Tariffs, softened EV sales targets and threat from Chinese brands have forced a total rethink for Porsche
Present-day Porsche was built for a world that no longer exists, a world in which trade was largely free, regulations were converging towards electric and its Germany-centred technological superiority allowed it to charge higher prices than its peers.
Now all these conditions have been challenged or changed. Tariffs imposed by US president Donald Trump cost Porsche €700 million last year, while his determination to reset all environmental regulations means the country is no longer on the electrification path.

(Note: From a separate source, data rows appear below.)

-- ===== src/Postgres/Archive.antt =====
-- internal/persister/service.go as a consumer of windows that writes to internal/postgresstore/store.go:
-- what one delivery does to the table.
use mcp_ironclaw.Prelude.{
  ap, ◌⊎◌, ◌++◌, [], ◌∷◌, Option, some, ℕ, ◌≡◌, inl, inr, true, none, List, arith, Option-cases,
}
use mcp_ironclaw.Domain.Errors.{err, Error, ok, Result-cases}
use mcp_ironclaw.Domain.Key.{AggregateWindow}
use mcp_ironclaw.Services.Handlers.{Handler, handle_window}
use mcp_ironclaw.Wire.Codec.{Codec}
use mcp_ironclaw.KafkaBus.{KafkaRecord, Produce}
use mcp_ironclaw.KafkaBus.Consumer.{Setup, dead_record, Handle, window_handle}
use mcp_ironclaw.Postgres.{Database, Store, apply_window}
use mcp_ironclaw.Postgres.Statements.{Table, conflicts, insert_window}
use mcp_ironclaw.Postgres.Deliveries.{same_row_refl}

insert-conflicts :
    (v w : AggregateWindow) (rows : Table)
    → conflicts v rows ≡ true
    → conflicts v (insert_window w rows).0 ≡ true
unfolding insert_window conflicts
insert-conflicts v w rows h = ground arith

inserted-conflicts :
    (w : AggregateWindow) (rows : Table) → conflicts w (insert_window w rows).0 ≡ true
unfolding insert_window conflicts
inserted-conflicts w rows = ground (arith, same_row_refl w)

-- The consumer's handler: a persister that writes to the store.
abbrev pub archive : {W : Type 0} → Database W → Codec → Handle (Handler (Store W))
archive db codec = window_handle codec (handle_window (apply_window db))

-- The row that a table makes of a window, given what its columns keep of an instant: a TIMESTAMPTZ
-- counts microseconds, and a window has nanoseconds.
abbrev pub row_of : (ℕ → ℕ) → AggregateWindow → AggregateWindow
row_of instant w = record w {
  window_start = instant w.window_start;
  window_end = instant w.window_end;
}

-- What the archive relies on, for windows of any instants: an insertion that succeeds has put the
-- window's row into the table or has found one of its primary key, and one that fails has done so or
-- has done nothing.
pub record StoresIn {W : Type 0} (db : Database W) (table : W → Table) (instant : ℕ → ℕ)
    : Type 0 where
  pub inserted :
      (w : AggregateWindow) (x : W) (n : ℕ)
      → (db.insert w x).1 ≡ ok n
      → (table (db.insert w x).0, n) ≡ insert_window (row_of instant w) (table x)
  pub insert_failed :
      (w : AggregateWindow) (x : W) (e : Error)
      → (db.insert w x).1 ≡ err e
      → (table (db.insert w x).0 ≡ table x)
        ⊎ (table (db.insert w x).0 ≡ (insert_window (row_of instant w) (table x)).0)

-- The table has a row of the primary key under which it keeps the window.
abbrev pub HasRow :
    {W : Type 0} → (W → Table) → (ℕ → ℕ) → AggregateWindow → Handler (Store W) → Type 0
HasRow table instant w v = conflicts (row_of instant w) (table v.world.world) ≡ true

-- The record's window has its row in the table.
abbrev pub IsDurable :
    {W : Type 0} → (W → Table) → (ℕ → ℕ) → Codec → KafkaRecord → Handler (Store W) → Type 0
IsDurable table instant codec r v =
    (w : AggregateWindow) × (codec.decode_window r.value ≡ ok w) × HasRow table instant w v

-- From one world of the dead-letter client to another through records that it has taken, in order.
module _ {S D : Type 0} (c : Setup S D) where
  pub data TakenBy : D → List KafkaRecord → D → Type 0 where
    none_taken : (d : D) → TakenBy d [] d
    next_taken :
        (r : KafkaRecord) (rs : List KafkaRecord) (produce : Produce D) (last : Option Error)
        (d d' d'' : D)
        → c.dead_letter ≡ some produce
        → (produce (dead_record c.message c.dead_letter_topic r last) d).1 ≡ none
        → d' ≡ (produce (dead_record c.message c.dead_letter_topic r last) d).0
        → TakenBy d' rs d''
        → TakenBy d (r ∷ rs) d''

abbrev pub IsIn : KafkaRecord → List KafkaRecord → Type 0
IsIn r rs = (before : List KafkaRecord) × (after : List KafkaRecord) × (rs ≡ before ++ r ∷ after)

-- The record's window is in the table, or the record is one of the dead letters.
abbrev pub IsSafe :
    {W : Type 0}
    → (W → Table)
    → (ℕ → ℕ)
    → Codec
    → List KafkaRecord
    → Handler (Store W)
    → KafkaRecord
    → Type 0
IsSafe table instant codec dead v r = IsDurable table instant codec r v ⊎ IsIn r dead

module _ {W : Type 0} (db : Database W) (table : W → Table) (instant : ℕ → ℕ)
    (runs : StoresIn db table instant) (codec : Codec) where
  -- Whatever `ApplyWindow` returns, the row is in the table or the table is as it was; when it
  -- returns no error, the row is.
  record IsStored (w : AggregateWindow) (s : Store W) : Type 0 where
    rows :
        (table (apply_window db w s).0.world ≡ table s.world)
        ⊎ (table (apply_window db w s).0.world
            ≡ (insert_window (row_of instant w) (table s.world)).0)
    done :
        (apply_window db w s).1 ≡ none
        → table (apply_window db w s).0.world ≡ (insert_window (row_of instant w) (table s.world)).0

  apply_window-IsStored : (w : AggregateWindow) (s : Store W) → IsStored w s
  unfolding apply_window
  apply_window-IsStored w s = elim (Result-cases (db.insert w s.world).1) [
    | inl (e, f) ↦
        let p = runs.insert_failed w s.world e f in
        record { rows = rw (f, apply_window) p; done = λ q. ground arith }
    | inr (n, f) ↦
        let p = ap (λ (y : Table × ℕ). y.0) (runs.inserted w s.world n f) in
        record { rows = rw (f, apply_window) (inr p); done = λ q. rw (f, apply_window) p }
  ]

  pub archive-HasRow :
      (r : KafkaRecord) (v : Handler (Store W)) (w : AggregateWindow)
      → HasRow table instant w v
      → HasRow table instant w (archive db codec r v).0
  unfolding window_handle handle_window
  archive-HasRow r v w h = elim (Result-cases (codec.decode_window r.value)) [
    | inl (e, f) ↦ rw (f, window_handle) h
    | inr (x, f) ↦
        let p = apply_window-IsStored x v.world in
        let kept : conflicts (row_of instant w) (table (apply_window db x v.world).0.world) ≡ true =
          elim p.rows [
            | inl e ↦ rw e h
            | inr e ↦
                rw e
                  (insert-conflicts (row_of instant w) (row_of instant x) (table v.world.world) h)
          ] in
        elim (Option-cases (apply_window db x v.world).1) [
          | inl g ↦ rw (f, window_handle, handle_window, g) kept
          | inr (e, g) ↦ rw (f, window_handle, handle_window, g) kept
        ]
  ]

  pub archive-IsDurable :
      (r : KafkaRecord) (v : Handler (Store W))
      → (archive db codec r v).1 ≡ none
      → IsDurable table instant codec r (archive db codec r v).0
  unfolding window_handle handle_window
  archive-IsDurable r v h = elim (Result-cases (codec.decode_window r.value)) [
    | inl (e, f) ↦ absurd (ground arith)
    | inr (x, f) ↦
        let p = apply_window-IsStored x v.world in
        elim (Option-cases (apply_window db x v.world).1) [
          | inl g ↦ (
            x,
            f,
            rw (f, window_handle, handle_window, g, p.done g)
                (inserted-conflicts (row_of instant x) (table v.world.world)),
          )
          | inr (e, g) ↦ absurd (ground arith)
        ]
  ]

Meanwhile, rapid technological advances made by Chinese brands forged in the white heat of competition have eroded Porsche’s pricing power in China. Back in 2022, this was Porsche’s biggest market with almost 100,000 cars delivered. Last year that number had halved to 41,938.
All this upheaval has had a catastrophic effect on Porsche’s operating profit, down from €7.3 billion in 2023 to €413 million last year.
Profit margin stood at just 1.1%, down from 18%, after Porsche was forced to write off €3.1bn to reverse advanced electrification plans, including kicking a high-tech EV platform (dubbed SSP 61) into the long grass.
Reinventing Porsche for this new era is former McLaren boss Michael Leiters, who replaced Volkswagen Group head Oliver Blume on 1 January.
He will get to lay out a fully formed plan in the autumn, which he hopes will rebuild Porsche into a company that can ride out the global shocks and get back to margins of around 15%.
However, time isn’t on the side of CEOs of listed companies that have lost their profitable mojo, and on 11 March Leiters had to persuade financial analysts that he at least had a grasp on the situation.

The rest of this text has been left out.